I generally am a fan of transfers in your early 70s, depending upon your health and family genetics. The longer your parents and grandparents have lived, the greater your chance of living longer. Should that lead you to believe that there is no rush? What if a member of your family has been struck with Parkinson’s, and you think you might be next? Under those circumstances I would say transfer sooner, rather than later. It is all a matter of comfort level. What keeps you awake at night? Are you concerned that a health care facility or “the state” might consume your savings? Or are you worried that your children might become estranged, predecease you, divorce, go bankrupt, or get sued. Or, worse yet, take the money you have transferred to them “for safe keeping” and leave you high and dry?
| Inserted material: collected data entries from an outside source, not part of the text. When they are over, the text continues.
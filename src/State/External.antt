-- ===== src/State/External.antt =====
-- What crates/state uses of the crates vsdb and revm: interfaces with the documented laws.
use nbnet.Prelude.{ℕ, Option, none, some, List, [], ◌≡◌, list_beq, if◌then◌else◌}
use nbnet.Std.HashMap.{HashMap}

-- `vsdb::MapxOrdRawKey`, a map from raw bytes, and `vsdb::MptCalc`, a trie that is only written to
-- and hashed. `root_hash` may rearrange the trie.
pub record Vsdb : Type 1 where
  pub Mapx : Type 0 → Type 0
  pub new : (V : Type 0) → Mapx V
  pub get : (V : Type 0) → Mapx V → List ℕ → Option V
  pub insert : (V : Type 0) → Mapx V → List ℕ → V → Mapx V
  pub get-new : (V : Type 0) (k : List ℕ) → get V (new V) k ≡ none
  pub get-insert :
      (V : Type 0) (m : Mapx V) (k j : List ℕ) (x : V)
      → get V (insert V m k x) j ≡ (if list_beq k j then some x else get V m j)
  pub Trie : Type 0
  pub mpt_new : Trie
  pub mpt_insert : Trie → List ℕ → List ℕ → Trie
  pub root_hash : Trie → Option (List ℕ) × Trie

-- The fields of revm's `AccountInfo` that the source reads; `B` is revm's `Bytecode`.
pub record AccountInfo (B : Type 0) : Type 0 where
  pub balance : ℕ
  pub nonce : ℕ
  pub code_hash : ℕ
  pub code : Option B

-- revm's `Bytecode`, the hash of the empty code, and `AccountInfo::default`.
pub record Revm : Type 1 where
  pub Bytecode : Type 0
  pub new_raw : List ℕ → Bytecode
  pub bytes_slice : Bytecode → List ℕ
  pub default_bytecode : Bytecode
  pub keccak_empty : ℕ
  pub default_code : Option Bytecode

-- revm's `AccountInfo::default`: no balance, no transactions, the hash of the empty code.
abbrev pub default_info : (r : Revm) → AccountInfo (r.Bytecode)
default_info r = record {
  balance = 0;
  nonce = 0;
  code_hash = r.keccak_empty;
  code = r.default_code;
}

-- The fields of revm's `DbAccount` that the source reads, and its default.
pub record DbAccount (B : Type 0) : Type 0 where
  pub info : AccountInfo B
  pub storage : HashMap ℕ ℕ

abbrev pub default_account : (r : Revm) → DbAccount (r.Bytecode)
default_account r = record { info = default_info r; storage = [] }
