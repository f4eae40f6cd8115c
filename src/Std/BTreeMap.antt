-- ===== src/Std/BTreeMap.antt =====
-- `std::collections::BTreeMap` with integer keys: the entries in the order of the keys.
use nbnet.Prelude.{
  ℕ, suc, ◌+◌, ◌≤◌, ◌<◌, ◌≡◌, refl, Bool, true, false, Option, none, some, List, [], ◌∷◌, map,
  arith, is_some, ltb, ◌==◌, if◌then◌else◌, length,
}

abbrev pub BTreeMap {ℓ} : Type ℓ → Type ℓ
BTreeMap V = List (ℕ × V)

module _ {ℓ} {V : Type ℓ} where
  abbrev pub keys : BTreeMap V → List ℕ
  keys = map (λ e. e.0)

  unfoldable pub get : BTreeMap V → ℕ → Option V
  get [] k = none
  get ((j, v) ∷ m) k = if j == k then some v else get m k

  unfoldable pub contains_key : BTreeMap V → ℕ → Bool
  contains_key m k = is_some (get m k)

  unfoldable pub insert : BTreeMap V → ℕ → V → BTreeMap V
  insert [] k v = (k, v) ∷ []
  insert ((j, w) ∷ m) k v =
      if ltb k j then (k, v) ∷ (j, w) ∷ m else if j == k then (k, v) ∷ m else (j, w) ∷ insert m k v

  unfoldable pub remove : BTreeMap V → ℕ → BTreeMap V
  remove [] k = []
  remove ((j, w) ∷ m) k = let rest = remove m k in if j == k then rest else (j, w) ∷ rest

  -- `iter().next()`
  unfoldable pub first : BTreeMap V → Option (ℕ × V)
  first [] = none
  first (e ∷ m) = some e

  -- `keys().last()`
  unfoldable pub last_key : BTreeMap V → Option ℕ
  last_key [] = none
  last_key ((k, v) ∷ []) = some k
  last_key ((k, v) ∷ e ∷ m) = last_key (e ∷ m)

  -- The keys of `range(..n)`.
  unfoldable pub keys_below : ℕ → BTreeMap V → List ℕ
  keys_below n [] = []
  keys_below n ((k, v) ∷ m) = let rest = keys_below n m in if ltb k n then k ∷ rest else []

  unfoldable pub is_empty : BTreeMap V → Bool
  is_empty [] = true
  is_empty (e ∷ m) = false

  -- The keys rise along the list, from `lo` on and below `hi`: what a `BTreeMap` guarantees.
  abbrev pub Keys : ℕ → ℕ → BTreeMap V → Type 0
  Keys lo hi [] = Unit
  Keys lo hi ((k, v) ∷ m) = (lo ≤ k) × (k < hi) × Keys (suc k) hi m

  pub get-insert :
      (m : BTreeMap V) (k j : ℕ) (v : V)
      → get (insert m k v) j ≡ (if k == j then some v else get m j)
  unfolding get insert
  get-insert [] k j v = refl
  get-insert ((i, w) ∷ m) k j v = ground (arith, get-insert m k j v)

  pub get-remove :
      (m : BTreeMap V) (k j : ℕ) → get (remove m k) j ≡ (if k == j then none else get m j)
  unfolding get remove
  get-remove [] k j = ground arith
  get-remove ((i, w) ∷ m) k j = ground (arith, get-remove m k j)

  pub Keys-weaken : (lo lo' hi : ℕ) (m : BTreeMap V) → lo' ≤ lo → Keys lo hi m → Keys lo' hi m
  Keys-weaken lo lo' hi [] h s = tt
  Keys-weaken lo lo' hi ((k, v) ∷ m) h s = (omega arith, s.1, s.2)

  pub insert-Keys :
      (lo hi : ℕ) (m : BTreeMap V) (k : ℕ) (v : V)
      → lo ≤ k
      → k < hi
      → Keys lo hi m
      → Keys lo hi (insert m k v)
  unfolding insert
  insert-Keys lo hi [] k v h u s = (h, u, tt)
  insert-Keys lo hi ((j, w) ∷ m) k v h u s = ground (arith, insert-Keys (suc j) hi m k v)

  pub remove-Keys : (lo hi : ℕ) (m : BTreeMap V) (k : ℕ) → Keys lo hi m → Keys lo hi (remove m k)
  unfolding remove
  remove-Keys lo hi [] k s = tt
  remove-Keys lo hi ((j, w) ∷ m) k s =
      ground (arith, remove-Keys (suc j) hi m k s.2, Keys-weaken (suc j) lo hi (remove m k))

  pub get_below : (lo hi : ℕ) (m : BTreeMap V) (j : ℕ) → Keys lo hi m → j < lo → get m j ≡ none
  unfolding get
  get_below lo hi [] j s h = refl
  get_below lo hi ((k, v) ∷ m) j s h = ground (arith, get_below (suc k) hi m j)

  pub last_key_ge :
      (lo hi : ℕ) (m : BTreeMap V) (l : ℕ)
      → Keys lo hi m
      → last_key m ≡ some l
      → (lo ≤ l) × (l < hi)
  unfolding last_key
  last_key_ge lo hi [] l s e = cc
  last_key_ge lo hi ((k, v) ∷ []) l s e = ground arith
  last_key_ge lo hi ((k, v) ∷ (i, w) ∷ m) l s e =
      let rest = last_key_ge (suc k) hi ((i, w) ∷ m) l s.2 e in omega arith

  -- Above the last key there is nothing.
  pub get_above_last :
      (lo hi : ℕ) (m : BTreeMap V) (l j : ℕ)
      → Keys lo hi m
      → last_key m ≡ some l
      → l < j
      → get m j ≡ none
  unfolding get last_key
  get_above_last lo hi [] l j s e h = refl
  get_above_last lo hi ((k, v) ∷ []) l j s e h = ground arith
  get_above_last lo hi ((k, v) ∷ (i, w) ∷ m) l j s e h = ground (
    arith,
    get_above_last (suc k) hi ((i, w) ∷ m) l j s.2,
    last_key_ge (suc k) hi ((i, w) ∷ m) l s.2,
  )

  -- A bound on the keys can be raised, and lowered to just above the last key.
  pub Keys-raise : (lo hi hi' : ℕ) (m : BTreeMap V) → hi ≤ hi' → Keys lo hi m → Keys lo hi' m
  Keys-raise lo hi hi' [] h s = tt
  Keys-raise lo hi hi' ((k, v) ∷ m) h s = (s.0, omega arith, Keys-raise (suc k) hi hi' m h s.2)

  pub Keys-tighten :
      (lo hi : ℕ) (m : BTreeMap V) (l : ℕ) → Keys lo hi m → last_key m ≡ some l → Keys lo (suc l) m
  unfolding last_key
  Keys-tighten lo hi [] l s e = tt
  Keys-tighten lo hi ((k, v) ∷ []) l s e = (s.0, ground arith, tt)
  Keys-tighten lo hi ((k, v) ∷ (i, w) ∷ m) l s e =
      let rest = last_key_ge (suc k) hi ((i, w) ∷ m) l s.2 e in
      (s.0, omega arith, Keys-tighten (suc k) hi ((i, w) ∷ m) l s.2 e)

  pub last_key-eq-none : (m : BTreeMap V) → last_key m ≡ none → m ≡ []
  unfolding last_key
  last_key-eq-none [] e = refl
  last_key-eq-none ((k, v) ∷ []) e = cc
  last_key-eq-none ((k, v) ∷ (i, w) ∷ m) e = cc (last_key-eq-none ((i, w) ∷ m) e)

  -- A key above all others becomes the last one.
  pub last_key-insert :
      (lo : ℕ) (m : BTreeMap V) (k : ℕ) (v : V) → Keys lo k m → last_key (insert m k v) ≡ some k
  unfolding last_key insert
  last_key-insert lo [] k v s = refl
  last_key-insert lo ((j, w) ∷ []) k v s = ground arith
  last_key-insert lo ((j, w) ∷ (i, u) ∷ m) k v s =
      ground (arith, last_key-insert (suc j) ((i, u) ∷ m) k v s.2)

  -- Nothing stands at or above the upper bound.
  pub get_from : (lo hi : ℕ) (m : BTreeMap V) (j : ℕ) → Keys lo hi m → hi ≤ j → get m j ≡ none
  unfolding get
  get_from lo hi [] j s h = refl
  get_from lo hi ((k, v) ∷ m) j s h = ground (arith, get_from (suc k) hi m j)

  pub get_first : (k : ℕ) (v : V) (m : BTreeMap V) → get ((k, v) ∷ m) k ≡ some v
  unfolding get
  get_first k v m = ground arith

  pub length-insert-le : (m : BTreeMap V) (k : ℕ) (v : V) → length (insert m k v) ≤ length m + 1
  unfolding insert
  length-insert-le [] k v = omega arith
  length-insert-le ((j, w) ∷ m) k v = ground (arith, length-insert-le m k v)

  -- A new key adds one entry.
  pub length-insert_new :
      (m : BTreeMap V) (k : ℕ) (v : V) → get m k ≡ none → length (insert m k v) ≡ suc (length m)
  unfolding get insert
  length-insert_new [] k v e = refl
  length-insert_new ((j, w) ∷ m) k v e = ground (arith, length-insert_new m k v)

  remove_absent : (m : BTreeMap V) (k : ℕ) → get m k ≡ none → remove m k ≡ m
  unfolding get remove
  remove_absent [] k e = refl
  remove_absent ((j, w) ∷ m) k e = ground (arith, remove_absent m k)

  -- A key that is there takes one entry with it.
  pub length-remove_present :
      (lo hi : ℕ) (m : BTreeMap V) (k : ℕ) (v : V)
      → Keys lo hi m
      → get m k ≡ some v
      → suc (length (remove m k)) ≡ length m
  unfolding get remove
  length-remove_present lo hi [] k v s e = cc
  length-remove_present lo hi ((j, w) ∷ m) k v s e = ground (
    arith,
    length-remove_present (suc j) hi m k v s.2,
    remove_absent m k,
    get_below (suc j) hi m k s.2,
  )

pub ruleset btree_laws = (get-insert, get-remove)
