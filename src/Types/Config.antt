-- ===== src/Types/Config.antt =====
-- crates/types/src/config.rs
use nbnet.Prelude.{ℕ}

pub data CompatProfile : Type 0 where
  modern legacy : CompatProfile

pub record EvmChainConfig : Type 0 where
  pub chain_id : ℕ
  pub block_gas_limit : ℕ
  pub base_fee_per_gas : ℕ
  pub compat_profile : CompatProfile
  pub min_base_fee : ℕ
  pub base_fee_change_denominator : ℕ
  pub elasticity_multiplier : ℕ

abbrev default_min_base_fee : ℕ
default_min_base_fee = 1_000_000_000

abbrev default_base_fee_change_denom : ℕ
default_base_fee_change_denom = 8

abbrev default_elasticity_multiplier : ℕ
default_elasticity_multiplier = 2

-- `EvmChainConfig::default`
abbrev pub default_config : EvmChainConfig
default_config = record {
  chain_id = 1337;
  block_gas_limit = 30_000_000;
  base_fee_per_gas = 1_000_000_000;
  compat_profile = modern;
  min_base_fee = default_min_base_fee;
  base_fee_change_denominator = default_base_fee_change_denom;
  elasticity_multiplier = default_elasticity_multiplier;
}
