-- ===== src/Common/Map.antt =====
-- std::map and std::unordered_map with text keys, as association lists. The order of the entries
-- is not observed by the operations that are modelled.
use mathlib.Core.Path.{◌≡◌}
use mathlib.Core.Option.{Option, none, some}
use mathlib.Core.List.{List, [], ◌∷◌}
use native.Mathlib.Omega.{arith}
use pcrf.Common.Tests.{if◌then◌else◌}
use pcrf.Common.Text.{Text, text_eq, text_eq_iff}

abbrev pub Map {ℓ} : Type ℓ → Type ℓ
Map V = List (Text × V)

module _ {ℓ} {V : Type ℓ} where
  -- find(); `none` is end().
  unfoldable pub find : Text → Map V → Option V
  find k [] = none
  find k ((j, v) ∷ m) = if text_eq j k then some v else find k m

  -- erase( iter ).
  unfoldable pub erase : Text → Map V → Map V
  erase k [] = []
  erase k ((j, v) ∷ m) = let rest = erase k m in if text_eq j k then rest else (j, v) ∷ rest

  -- An assignment through an iterator, iter->second = v, or the entry made by insert().
  unfoldable pub assign : Text → V → Map V → Map V
  unfolding erase
  assign k v m = (k, v) ∷ erase k m

  -- insert(), which keeps the value of a key that is there.
  unfoldable pub insert : Text → V → Map V → Map V
  unfolding find assign
  insert k v m = elim (find k m) [ none ↦ assign k v m | some _ ↦ m ]

  pub find-erase :
      (k j : Text) (m : Map V) → find j (erase k m) ≡ (if text_eq k j then none else find j m)
  unfolding find erase
  find-erase k j [] = ground arith
  find-erase k j ((i, v) ∷ m) =
      ground (arith, find-erase k j m, text_eq_iff i k, text_eq_iff i j, text_eq_iff k j)

  pub find-assign :
      (k j : Text) (v : V) (m : Map V)
      → find j (assign k v m) ≡ (if text_eq k j then some v else find j m)
  unfolding find assign
  find-assign k j v m = ground (arith, find-erase k j m)

  pub find-insert :
      (k j : Text) (v : V) (m : Map V)
      → find k m ≡ none
      → find j (insert k v m) ≡ (if text_eq k j then some v else find j m)
  unfolding insert
  find-insert k j v m h = ground (arith, find-assign k j v m)

  pub insert-present : (k : Text) (v w : V) (m : Map V) → find k m ≡ some w → insert k v m ≡ m
  unfolding insert
  insert-present k v w m h = ground arith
There are clearly inherent risks involved in transferring assets.

If you are going to jump into the fray and transfer assets, do it all at once. Don’t transfer your house this year, your summer cottage next year, and some of your savings the year after. In doing that you are stretching the look-back period by not making the transfers all at once to get the five-year clock ticking.

I realize substantial asset transfers is a leap of faith, but if you can’t stomach the risks and also don’t want your savings consumed, then buy long term care insurance. That’s what my wife and I did. We don’t have to worry about when and if we should transfer our assets. All we have to worry about is earning enough money to pay the LTC premiums.